Problem details>
Whenever a line below holds the word "start", count it; please give only the final number.

Provided data>
_ _ _
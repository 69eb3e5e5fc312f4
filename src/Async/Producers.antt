-- ===== src/Async/Producers.antt =====
-- Runs of src/async_backend.cpp that say whose push is counted: the state has only the number of the
-- producers between `m_queue.push` and the count of their push.
use logparse.Base.{Bool, true, false, ◌≡◌, List, [], ◌∷◌, ◌++◌, ℕ, suc}
use logparse.Async.{Async, Event, took, silent, counted_up}
use logparse.Async.Steps.{Step, push_taken, count, Run, start, then_step, full}
use logparse.Platform.{Platform}
use logparse.Queue
use logparse.Queue.{Queue}
use logparse.Queue.Fifo.{PushResult}
use logparse.Record.{LogRecord}

module _ {Tm : Type 0} (os : Platform Tm) where
  -- Whether a step is a push that the queue took, or the count of one.
  unfoldable pub of_producer : {s t : Async} {e : Event} → Step os s e t → Bool
  of_producer (push_taken r q e) = true
  of_producer (count n e) = true
  of_producer _ = false

  -- A run with the records whose `log` has pushed them and has not returned, the last one first: a
  -- push puts its record in front, and a count lets the call of one of them return.
  pub data Known (s : Async) : List Event → List LogRecord → Async → Type 0 where
    nobody : Known s [] [] s
    pushes :
        {t : Async} {es es' : List Event} {rs : List LogRecord} (x : LogRecord)
        (q : Queue LogRecord)
        → Known s es rs t
        → Queue.push t.queue x ≡ PushResult.returned true q
        → es' ≡ es ++ took x (full t.queue) ∷ []
        → Known s es' (x ∷ rs) (record t { queue = q; uncounted = suc t.uncounted })
    counts :
        (before after : List LogRecord) (x : LogRecord) {t : Async} {es es' : List Event} (n : ℕ)
        → Known s es (before ++ x ∷ after) t
        → t.uncounted ≡ suc n
        → es' ≡ es ++ silent ∷ []
        → Known s es'
            (before ++ after)
            (record t { uncounted = n; submitted = counted_up t.submitted })
    goes_on :
        {t u : Async} {es es' : List Event} {e : Event} {rs : List LogRecord}
        → Known s es rs t
        → (st : Step os t e u) → of_producer st ≡ false
        → es' ≡ es ++ e ∷ []
        → Known s es' rs u

  pub Known-Run :
      {s t : Async} {es : List Event} {rs : List LogRecord} → Known s es rs t → Run os s es t
  Known-Run nobody = start
  Known-Run (pushes x q r e k) = then_step (Known-Run r) (push_taken x q e) k
  Known-Run (counts before after x n r e k) = then_step (Known-Run r) (count n e) k
  Known-Run (goes_on r st o k) = then_step (Known-Run r) st k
_ _ _
Answer to the problem>
2